The American diplomat, who sounded seemingly overwhelmed over having to repeatedly dwell on issues of public corruption in Liberia, in response to concerns of certain Liberians as to whether or not the U.S. would play a role in the prosecution of sanctioned officials of the Liberian government, stated that the implementation of the Global Magnitsky Act is not a prosecutorial process, but the United States government’s way of calling out corrupt officials in Liberia, banning them from traveling to the U.S. and freezing their assets.

“Magnitsky is not a judicial or a criminal prosecution process, it’s solely the United States government saying we’ve identified these people who are corrupt and who are badly impacting in a negative way the democratic process sufficiently that we don’t want them in our country and we think that their finances should be frozen,” he maintained.

He added: “So, after that we leave it up to Liberia. It is not a substitute for the Liberian criminal justice system. So if Liberia doesn’t want to prosecute them that’s the decision that Liberia has to make.”

Asked as to what’s the status of Liberian officials who served in past regimes but are accused of corruption, and others who committed crimes in Liberia and are seeking sanctuary in the United States, Ambassador McCarthy reminded Liberians that the U.S. government has ongoing cases all of the time, adding that there are those who thought that they would sneak away and live in America, but they are prosecuted and placed behind bars.

He made reference to the son of jailed former Liberian president and ex-warlord, Charles Taylor, Chucky Taylor, who Ambassador McCarthy said is in jail in the United States for 99 years.

“In fact, we don’t just sit back and let those things go.
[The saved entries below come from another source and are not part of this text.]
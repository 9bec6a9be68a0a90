-- ===== src/Dhcp/Serve.antt =====
-- What a client gets from the server for a discover and for a request.
use network_simulation.Common.{
  ℕ, ◌^◌, ◌<◌, ◌≡◌, refl, ◌∙◌, none, some, inl, inr, List, [], ◌∷◌, ◌++◌, ok, if◌then◌else◌, ◌==◌,
  Option-cases, arith,
}
use network_simulation.Addressing.{create_broadcast_ip}
use network_simulation.Addressing.Macs.{IsMac, mac_eq, mac_eq_iff}
use network_simulation.L4.{Udp}
use network_simulation.L3.{Ip}
use network_simulation.Pdu.{Mpdu}
use network_simulation.Dhcp.{
  Dhcp, DhcpEntry, DhcpServer, discover, request, answer, serve, dhcp_discover, dhcp_offer,
  dhcp_request, dhcp_ack, dhcp_nack,
}
use network_simulation.Dhcp.Messages.{Carries, FitsDhcp, IsQuery, answer-Carries}
use network_simulation.Dhcp.Leases.{
  held, IsLeases, or_else, get_entry-eq, held-some, held-append, append-IsLeases, address_for,
  new_ip_for-eq, address_for-lt,
}

-- The address that a discover from `mac` is answered with.
unfoldable pub offered : ℕ → DhcpServer → List ℕ → ℕ
offered blank server mac = elim (held server.table mac) [
  | some e ↦ e.ip
  | none ↦ address_for blank mac
]

-- The entry that the client has afterwards.
unfoldable pub lease : ℕ → DhcpServer → List ℕ → DhcpEntry
lease blank server mac = record {
  mac = mac;
  ip = offered blank server mac;
  current_opcode = dhcp_offer;
}

lease_new :
    (blank : ℕ) (server : DhcpServer) (mac : List ℕ)
    → held server.table mac ≡ none
    → lease blank server mac
      ≡ record { mac = mac; ip = address_for blank mac; current_opcode = dhcp_offer }
unfolding lease offered
lease_new blank server mac new = rw (new, offered)

lease_old :
    (blank : ℕ) (server : DhcpServer) (mac : List ℕ) (e : DhcpEntry)
    → IsLeases server.table
    → held server.table mac ≡ some e
    → lease blank server mac ≡ e
unfolding lease offered
lease_old blank server mac e t old =
    rw (old, offered) (ground (arith, held-some server.table mac e t old))

pub offered-lt :
    (blank : ℕ) (server : DhcpServer) (mac : List ℕ)
    → blank < 2 ^ 32
    → IsLeases server.table
    → offered blank server mac < 2 ^ 32
unfolding offered
offered-lt blank server mac b t = elim (Option-cases (held server.table mac)) [
  | inl new ↦ rw (new, offered) (address_for-lt blank mac b)
  | inr (e, old) ↦ rw (old, offered) ((held-some server.table mac e t old).2)
]

discover_lem :
    (blank : ℕ) (server : DhcpServer) (mac : List ℕ)
    → blank < 2 ^ 32
    → IsLeases server.table
    → IsMac mac
    → (server' : DhcpServer) × (discover server mac
          (or_else (held server.table mac) (record { mac = []; ip = blank; current_opcode = 0 }))
        ≡ ok (server', lease blank server mac))
      × (server'.gw_mac ≡ server.gw_mac)
      × IsLeases server'.table
      × ((x : List ℕ)
          → held server'.table x
            ≡ (if mac_eq x mac then some (lease blank server mac) else held server.table x))
unfolding discover
discover_lem blank server mac b t h = elim (Option-cases (held server.table mac)) [
  | inl new ↦
      let e : DhcpEntry = record { mac = mac; ip = address_for blank mac; current_opcode = 2 } in
      (
        record server { table = server.table ++ e ∷ [] },
        rw (new, new_ip_for-eq mac blank h, lease_new blank server mac new),
        refl,
        append-IsLeases server.table e t h refl (address_for-lt blank mac b) new,
        λ x. held-append server.table e x ∙ rw (lease_new blank server mac new),
      )
  | inr (e, old) ↦
      let (m, o, i) = held-some server.table mac e t old in
      let same = lease_old blank server mac e t old in
      (
        server,
        rw (old, same) (ground (arith, o)),
        refl,
        t,
        λ x. rw same (ground (arith, mac_eq_iff x mac, old)),
      )
]

-- A discover is answered by one offer, addressed to the client and sent from the gateway to the
-- broadcast address. It offers the address of the client's entry, or that of a new entry; afterwards
-- the client has that entry, the other clients have what they had, and the table is well formed.
pub serve_discover :
    (blank : ℕ) (server : DhcpServer) (f : Mpdu) (p : Ip) (s : Udp) (m : Dhcp)
    → blank < 2 ^ 32
    → server.gw_ip < 2 ^ 32
    → IsLeases server.table
    → IsMac f.source_mac
    → IsQuery f p s m
    → m.opcode ≡ dhcp_discover
    → let ip = offered blank server f.source_mac in
      (server' : DhcpServer) × (reply : Mpdu) × (serve blank server f ≡ ok (server', reply ∷ []))
      × Carries server.gw_mac f.source_mac
          (record p { source_ip = server.gw_ip; destination_ip = create_broadcast_ip })
          (record { opcode = dhcp_offer; client_ip = m.client_ip; your_ip = ip })
          reply
      × IsLeases server'.table
      × ((x : List ℕ)
          → held server'.table x ≡ (
              if mac_eq x f.source_mac
              then some (lease blank server f.source_mac)
              else held server.table x))
unfolding serve lease
serve_discover blank server f p s m b g t h q o =
    let (server', run, gw, leases, maps) = discover_lem blank server f.source_mac b t h in
    let offer : Dhcp = record {
      opcode = dhcp_offer;
      client_ip = m.client_ip;
      your_ip = offered blank server f.source_mac;
    } in
    let packet : Ip = record p { source_ip = server.gw_ip; destination_ip = create_broadcast_ip } in
    (
      server',
      answer server' (lease blank server f.source_mac) packet s offer,
      simp (get_entry-eq blank server.table f.source_mac h t, q.opens, q.message, o, run),
      rw gw at (
          answer-Carries server' (lease blank server f.source_mac) packet s offer f.source_mac refl
            (record { header = q.header.header; source = g; destination = omega arith }) q.segment
            (record {
              client_ip = q.fits.client_ip;
              your_ip = offered-lt blank server f.source_mac b t;
            })),
      leases,
      maps,
    )

request-FitsDhcp : (e : DhcpEntry) (m : Dhcp) → e.ip < 2 ^ 32 → FitsDhcp m → FitsDhcp (request e m)
unfolding request
request-FitsDhcp e m i w = record {
  client_ip = ground (arith, w.client_ip);
  your_ip = ground (arith, w.your_ip);
}

-- A request of a client that has an entry changes nothing and is answered by one message, addressed
-- to the client: an ACK that repeats the client's message if it asks for the address of its entry,
-- and otherwise a NACK with the address of the entry.
pub serve_request :
    (blank : ℕ) (server : DhcpServer) (f : Mpdu) (p : Ip) (s : Udp) (m : Dhcp) (e : DhcpEntry)
    → IsLeases server.table
    → IsMac f.source_mac
    → IsQuery f p s m
    → m.opcode ≡ dhcp_request
    → held server.table f.source_mac ≡ some e
    → (reply : Mpdu) × (serve blank server f ≡ ok (server, reply ∷ []))
      × Carries server.gw_mac f.source_mac p
          (if m.client_ip == e.ip
            then record m { opcode = dhcp_ack }
            else record m { opcode = dhcp_nack; your_ip = e.ip })
          reply
unfolding serve request
serve_request blank server f p s m e t h q o old =
    let (mac, offer, ip) = held-some server.table f.source_mac e t old in
    (
      answer server e p s (request e m),
      simp (get_entry-eq blank server.table f.source_mac h t, old, q.opens, q.message, o),
      answer-Carries server e p s (request e m) f.source_mac mac q.header q.segment
          (request-FitsDhcp e m ip q.fits),
    )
To this day, we’ve spent lots of money, lots of efforts because it’s worth it. It’s worth chasing down those war criminals,” he emphasized.

Recently, it can be recalled, the U.S. government sanctioned three officials of the George Weah-led government for corruption.

The trio; the president’s ex-chief of office staff and former Minister of Presidential Affairs, Nathaniel McGill; former Manager of the National Port Authority, Bill Twehway; and former Solicitor General, Sayma Syrenius Cephus; later resigned their posts while serving an indefinite suspension action taken against the men by President Weah following the Americans’ decision to have slammed them with sanction.